■ **Study material**:
================================
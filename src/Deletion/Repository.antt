-- ===== src/Deletion/Repository.antt =====
-- api/internal/domain/deletion/repository.go: the methods of the repository.
use ctech_account.Common.{ℕ, String, List, [], ◌∷◌}
use ctech_account.Action.{Action, return, ◌>>=◌, ◌>>◌}
use ctech_account.Dynamo.Calls.{read, ask, write}
use ctech_account.Deletion.Model.{
  Request, State, ServiceStatus, Status, unix, DeletionError, open_request, state_changed,
}
use ctech_account.Deletion.Rows.{
  request_key, marker_key, service_key, service_row, due, services_of,
}
use ctech_account.Deletion.Env.{Env}
use ctech_account.Deletion.Items.{
  put_new, create_items, save_items, put_status, condition_error, ignore_existing, found_request,
  found_marker, found_ids, found_statuses,
}

module _ (env : Env) where
  open env use {db}

  abbrev pub Op : Type 0 → Type 0
  Op A = Action db.World DeletionError A

  unfoldable pub create : Request → Op (Unit {0})
  create r = write db (condition_error open_request) (create_items r)

  unfoldable pub get : String → Op Request
  get id = read db found_request (request_key id)

  unfoldable pub get_open : String → Op Request
  get_open u = do id ← read db found_marker (marker_key u); get id

  unfoldable pub save : Request → State → Op (Unit {0})
  save r from = write db (condition_error state_changed) (save_items r from)

  unfoldable pub list_due : State → ℕ → ℕ → Op (List String)
  list_due state now limit = ask db found_ids (due state (unix now) limit)

  unfoldable pub put_services : List ServiceStatus → Op (Unit {0})
  put_services [] = return tt
  put_services (st ∷ sts) =
      write db ignore_existing
        (put_new (service_key st.request_id st.service) (service_row st) ∷ [])
      >> put_services sts

  unfoldable pub list_services : String → Op (List ServiceStatus)
  list_services id = ask db found_statuses (services_of id)

  unfoldable pub save_service : ServiceStatus → Status → Op (Unit {0})
  save_service st from = write db (condition_error state_changed) (put_status st from ∷ [])
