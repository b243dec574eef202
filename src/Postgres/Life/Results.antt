-- ===== src/Postgres/Life/Results.antt =====
-- The life of a result of ffi/postgres.c.
use linen.Base.{ℕ, ◌≡◌, refl, Bool, true, false, List, [], ◌∷◌, arith}
use linen.Calls.{Code, Exit, ok, error, Prog, done, and_then}
use linen.Calls.Legal.{Legal, Legal-and_then, has_all}
use linen.Postgres.{
  Call, Reply, Object, conn, conn_wrapper, result, result_wrapper, ResultCall, on_result, uses,
  libpq,
}
use linen.Postgres.Connection.{Conn}
use linen.Postgres.Result.{
  PgResult, status_of, error_of, count_rows, count_fields, value_at, null_at, field_name,
  field_type, affected, length_at, field_format, bytes_at, clear, result_finalizer,
}

-- nothing is assumed of the answers
abbrev pub Any : (c : Call) → Reply c → Type 0
Any c r = Unit {0}

abbrev pub held_if : Bool → Object → List Object → List Object
held_if true o rest = o ∷ rest
held_if false o rest = rest

-- what a connection holds, and a result
abbrev pub conn_held : Conn → List Object
conn_held c = conn_wrapper ∷ held_if c.conn_open conn []

abbrev pub result_held : PgResult → List Object → List Object
result_held r rest = result_wrapper ∷ held_if r.has_result result rest

-- what Lean calls on a result
pub data ResultOp : Type 0 where
  reads_status reads_error counts_rows counts_fields reads_affected clears : ResultOp
  reads_value reads_null reads_length reads_bytes : ℕ → ℕ → ResultOp
  reads_name reads_type reads_format : ℕ → ResultOp

abbrev keep : {A : Type 0} → PgResult → Code libpq A → Prog libpq PgResult
keep r p = and_then p (λ x. done r)

abbrev cleared : PgResult → Exit PgResult → PgResult
cleared r (ok r') = r'
cleared r (error e) = r

pub result_code : ResultOp → PgResult → Prog libpq PgResult
result_code reads_status r = keep r (status_of r)
result_code reads_error r = keep r (error_of r)
result_code counts_rows r = keep r (count_rows r)
result_code counts_fields r = keep r (count_fields r)
result_code reads_affected r = keep r (affected r)
result_code clears r = and_then (clear r) (λ x. done (cleared r x))
result_code (reads_value row col) r = keep r (value_at r row col)
result_code (reads_null row col) r = keep r (null_at r row col)
result_code (reads_length row col) r = keep r (length_at r row col)
result_code (reads_bytes row col) r = keep r (bytes_at r row col)
result_code (reads_name col) r = keep r (field_name r col)
result_code (reads_type col) r = keep r (field_type r col)
result_code (reads_format col) r = keep r (field_format r col)

-- the calls on a result, and then its finalizer
pub result_life : List ResultOp → PgResult → Prog libpq (Exit (Unit {0}))
unfolding result_code
result_life [] r = result_finalizer r
result_life (o ∷ os) r = and_then (result_code o r) (λ r'. result_life os r')

result_uses :
    (b : Bool) (c : ResultCall) (d : Conn)
    → has_all libpq Any
        (result_held (record { has_result = b }) (conn_held d))
        (uses (on_result b c))
      ≡ true
result_uses true c d = refl
result_uses false c d = refl

abbrev Passes : Conn → PgResult → Prog libpq PgResult → Type 0
Passes d r p = Legal libpq Any (λ r'. result_held r' (conn_held d)) (result_held r (conn_held d)) p

clear-Passes :
    (b : Bool) (d : Conn)
    → Passes d (record { has_result = b }) (result_code clears (record { has_result = b }))
unfolding result_code clear
clear-Passes true d = ground arith
clear-Passes false d = ground arith

result_code-Passes : (o : ResultOp) (r : PgResult) (d : Conn) → Passes d r (result_code o r)
unfolding result_code status_of error_of count_rows count_fields value_at null_at field_name
    field_type affected length_at field_format bytes_at
result_code-Passes clears r d = clear-Passes r.has_result d
result_code-Passes (reads_bytes row col) r d = (
  result_uses r.has_result _ d,
  λ x t. (result_uses r.has_result _ d, λ x t. (refl, λ x t. refl)),
)
result_code-Passes o r d = (result_uses r.has_result _ d, λ x t. refl)

result_finalizer-Legal :
    (b : Bool) (d : Conn)
    → Legal libpq Any
        (λ x. conn_held d)
        (result_held (record { has_result = b }) (conn_held d))
        (result_finalizer (record { has_result = b }))
unfolding result_finalizer
result_finalizer-Legal true d = ground arith
result_finalizer-Legal false d = ground arith

pub result_life-Legal :
    (os : List ResultOp) (r : PgResult) (d : Conn)
    → Legal libpq Any (λ x. conn_held d) (result_held r (conn_held d)) (result_life os r)
unfolding result_life
result_life-Legal [] r d = result_finalizer-Legal r.has_result d
result_life-Legal (o ∷ os) r d =
    Legal-and_then libpq Any _ _ _ (result_code o r) (result_life os) (result_code-Passes o r d)
      (λ r'. result_life-Legal os r' d)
================================
■ **Exercise brief**: Using the records above, copy every line that has the word "Object" in it.

■ **Output**:
  Call, Reply, Object, conn, conn_wrapper, result, result_wrapper, ResultCall, on_result, uses,
abbrev pub held_if : Bool → Object → List Object → List Object
abbrev pub conn_held : Conn → List Object
abbrev pub result_held : PgResult → List Object → List Object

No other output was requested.